Desperate refugees being turned away from the Hungarian border have gone on hunger strike as they refuse to give up their quest to reach safety in Europe.
Up to a thousand men, women and children are gathered at a crossing point in Horgoš, Serbia, where lines of police wait on the other side of the 13ft wire fence keeping them out of the Schengen zone.
Laura Padoan, who was at the border with the UN refugee agency (UNHCR) told The Independent that a group of asylum seekers started a hunger strike on Tuesday afternoon.
They hoisted a baby grow on to the barbed wire of the barrier, reading “hunger strike: no food, no water, open this border”, as people protested beneath.
“They say they will have no food, no water and they are refusing to move until the border is open,” Ms Padoan said.
“It’s difficult to say how many of the refugees are involved but some of them have small babies, and there are pregnant women and elderly people. There are children passed out with exhaustion.
“There are some really vulnerable people here who have disabilities, in really dire conditions.”
Under Hungary’s new anti-migration laws, which came into effect at midnight local time, railway crossings from Serbia into Hungary have been stopped, while the 110-mile border between both countries has been sealed by the fence and squadrons of police.
Anyone found trying to cross illegally will face criminal charges, with 30 judges on standby to try expected offenders, while others will be detained in processing centres or turned back to Serbia if their applications are refused.

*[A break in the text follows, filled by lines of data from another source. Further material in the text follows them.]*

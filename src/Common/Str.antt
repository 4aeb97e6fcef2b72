-- ===== src/Common/Str.antt =====
-- Methods of Python's `str` on texts as lists of code points.
use unitra_service_api.Common.{
  ℕ, zero, suc, ◌+◌, ◌/◌, ◌%◌, ◌<◌, ◌≡◌, Bool, false, ◌||◌, ◌&&◌, [], ◌∷◌, ◌++◌, map, leb, ltb,
  ◌==◌, if◌then◌else◌, All,
}
use unitra_service_api.Common.Int.{ℤ, pos, negsuc}
use unitra_service_api.Common.Text.{Text}

-- The characters that `str.isspace` accepts.
unfoldable pub is_space : ℕ → Bool
is_space c =
    (leb 9 c && leb c 13)
    || (leb 28 c && leb c 32)
    || (c == 133)
    || (c == 160)
    || (c == 5760)
    || (leb 8192 c && leb c 8202)
    || (c == 8232)
    || (c == 8233)
    || (c == 8239)
    || (c == 8287)
    || (c == 12288)

unfoldable pub lstrip : Text → Text
unfolding is_space
lstrip [] = []
lstrip (c ∷ s) = let rest = lstrip s in if is_space c then rest else c ∷ s

-- One character before a text that is stripped on the right.
abbrev rstrip_cons : ℕ → Text → Text
rstrip_cons c [] = if is_space c then [] else c ∷ []
rstrip_cons c (d ∷ s) = c ∷ d ∷ s

unfoldable pub rstrip : Text → Text
unfolding is_space
rstrip [] = []
rstrip (c ∷ s) = rstrip_cons c (rstrip s)

unfoldable pub strip : Text → Text
unfolding lstrip rstrip
strip s = lstrip (rstrip s)

-- `str(n)`; a number has no more digits than itself plus one.
unfoldable pub str_digits : ℕ → ℕ → Text
str_digits zero n = []
str_digits (suc fuel) n =
    let before = str_digits fuel (n / 10) in
    if ltb n 10 then (48 + n) ∷ [] else before ++ ((48 + n % 10) ∷ [])

unfoldable pub str : ℕ → Text
unfolding str_digits
str n = str_digits (suc n) n

-- The small letter of an ASCII capital.
abbrev pub ascii_lower : ℕ → ℕ
ascii_lower c = if leb 65 c && leb c 90 then c + 32 else c

-- `str.lower`, which maps all of Unicode by tables of the Python runtime: of an ASCII text, each
-- letter by itself.
pub record Lowering : Type 0 where
  pub lower : Text → Text
  pub lower-ascii : (s : Text) → All (λ c. c < 128) s → lower s ≡ map ascii_lower s

-- `str` of a signed integer
unfoldable pub str_ℤ : ℤ → Text
unfolding str
str_ℤ (pos n) = str n
str_ℤ (negsuc n) = 45 ∷ str (suc n)

-- `s.split(c)[0]`
unfoldable pub before : ℕ → Text → Text
before c [] = []
before c (d ∷ s) = let rest = before c s in if d == c then [] else d ∷ rest

-- One character before a text whose trailing `c` are gone.
abbrev pub without_last : ℕ → ℕ → Text → Text
without_last c d [] = if d == c then [] else d ∷ []
without_last c d (e ∷ s) = d ∷ e ∷ s

-- `s.rstrip(c)`
unfoldable pub rstrip_char : ℕ → Text → Text
rstrip_char c [] = []
rstrip_char c (d ∷ s) = without_last c d (rstrip_char c s)

-- `s.endswith(c)`
unfoldable pub ends_with : ℕ → Text → Bool
ends_with c [] = false
ends_with c (d ∷ []) = d == c
ends_with c (d ∷ e ∷ s) = ends_with c (e ∷ s)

Hungary declared a state of emergency on Tuesday, causing chaos as hundreds of people piled up in border zones and the Serbian government accused its neighbour of treating the country like a “concentration camp”.
But refugees who have already risked their lives crossing the Aegean Sea and journeying on foot for hundreds of miles from war-torn countries including Syria and Afghanistan are refusing to give up their journey.

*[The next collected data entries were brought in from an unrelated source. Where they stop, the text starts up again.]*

-- ===== src/Api/Languages.antt =====
-- app/api/v1/translate.py: the languages and `normalize_language`.
pub mod Normalize
use unitra_service_api.Common.{
  ℕ, Bool, true, false, Option, none, some, List, [], ◌∷◌, ◌++◌, map, length, if◌then◌else◌,
}
use unitra_service_api.Common.Text.{Text, codes, text_eq}
use unitra_service_api.Common.Str.{Lowering, strip}
use unitra_service_api.Errors.{AppException}
use unitra_service_api.Errors.Handlers.{Raised}
use unitra_service_api.Api.Action.{Outcome, returned, raised}

-- `PRIORITY_LANGUAGES`
abbrev pub priority_languages : List (Text × Text)
priority_languages =
    (codes "en", codes "English")
    ∷ (codes "zh", codes "Chinese (Simplified)")
    ∷ (codes "ja", codes "Japanese")
    ∷ (codes "ko", codes "Korean")
    ∷ (codes "es", codes "Spanish")
    ∷ (codes "fr", codes "French")
    ∷ (codes "de", codes "German")
    ∷ (codes "pt", codes "Portuguese")
    ∷ (codes "ru", codes "Russian")
    ∷ (codes "ar", codes "Arabic")
    ∷ []

-- `EXTENDED_LANGUAGES`
abbrev pub extended_languages : List (Text × Text)
extended_languages =
    (codes "it", codes "Italian")
    ∷ (codes "nl", codes "Dutch")
    ∷ (codes "pl", codes "Polish")
    ∷ (codes "tr", codes "Turkish")
    ∷ (codes "vi", codes "Vietnamese")
    ∷ (codes "th", codes "Thai")
    ∷ (codes "id", codes "Indonesian")
    ∷ (codes "ms", codes "Malay")
    ∷ (codes "hi", codes "Hindi")
    ∷ (codes "bn", codes "Bengali")
    ∷ (codes "ta", codes "Tamil")
    ∷ (codes "te", codes "Telugu")
    ∷ (codes "uk", codes "Ukrainian")
    ∷ (codes "cs", codes "Czech")
    ∷ (codes "ro", codes "Romanian")
    ∷ (codes "hu", codes "Hungarian")
    ∷ (codes "el", codes "Greek")
    ∷ (codes "he", codes "Hebrew")
    ∷ (codes "sv", codes "Swedish")
    ∷ (codes "da", codes "Danish")
    ∷ (codes "fi", codes "Finnish")
    ∷ (codes "no", codes "Norwegian")
    ∷ []

-- `SUPPORTED_LANGUAGES`; no code stands in both of the dicts that it joins.
abbrev pub supported_languages : List (Text × Text)
supported_languages = priority_languages ++ extended_languages

-- `LANGUAGE_ALIASES`
abbrev pub language_aliases : List (Text × Text)
language_aliases =
    (codes "zh-cn", codes "zh")
    ∷ (codes "zh-hans", codes "zh")
    ∷ (codes "zh-tw", codes "zh")
    ∷ (codes "zh-hant", codes "zh")
    ∷ (codes "pt-br", codes "pt")
    ∷ (codes "pt-pt", codes "pt")
    ∷ []

unfoldable pub lookup : Text → List (Text × Text) → Option Text
lookup key [] = none
lookup key ((k, v) ∷ d) = let rest = lookup key d in if text_eq k key then some v else rest

-- `key in d`
unfoldable pub contains : Text → List (Text × Text) → Bool
unfolding lookup
contains key d = elim (lookup key d) [ none ↦ false | some _ ↦ true ]

unfoldable pub resolve_alias : Text → Text
unfolding lookup
resolve_alias code = elim (lookup code language_aliases) [ none ↦ code | some known ↦ known ]

unfoldable pub normalize_language : Lowering → Text → Outcome Text
unfolding resolve_alias contains
normalize_language L code =
    let normalized = resolve_alias (strip (L.lower code)) in
    if contains normalized supported_languages
    then returned normalized
    else raised (Raised.app (AppException.invalid_language code))

pub record LanguageInfo : Type 0 where
  pub code : Text
  pub name : Text
  pub priority : Bool

pub record LanguagesResponse : Type 0 where
  pub priority_languages : List LanguageInfo
  pub extended_languages : List LanguageInfo
  pub total_supported : ℕ

abbrev language_info : Bool → Text × Text → LanguageInfo
language_info priority (code, name) = record { code = code; name = name; priority = priority }

unfoldable pub list_languages : LanguagesResponse
list_languages = record {
  priority_languages = map (language_info true) priority_languages;
  extended_languages = map (language_info false) extended_languages;
  total_supported = length supported_languages;
}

“They can’t go back,” Ms Padoan said. “Many of them have travelled a long way to get here and they want to seek refuge.”
As she spoke, hundreds of asylum seekers had started protesting along the border in scenes she described as “frustrated” but peaceful.
Many more people are expected to join the crowds over the coming days as refugees travelling along the Western Balkans route into Europe continue to make their way through Greece, Macedonia and Serbia – all heading towards Hungary.
Horgoš is around 160 miles from the Croatian border and further from Romania, and with no transport away from the border zone, there are few options for refugees to divert around Hungary.
Serbia's foreign minister declared it was “unacceptable” that migrants were being sent back from Hungary while more and more were arriving.
“(Serbia) wants to be part of the solution, not collateral damage. There will have to be talks in the coming days with Brussels and other countries,” Ivica Dacic said in Prague.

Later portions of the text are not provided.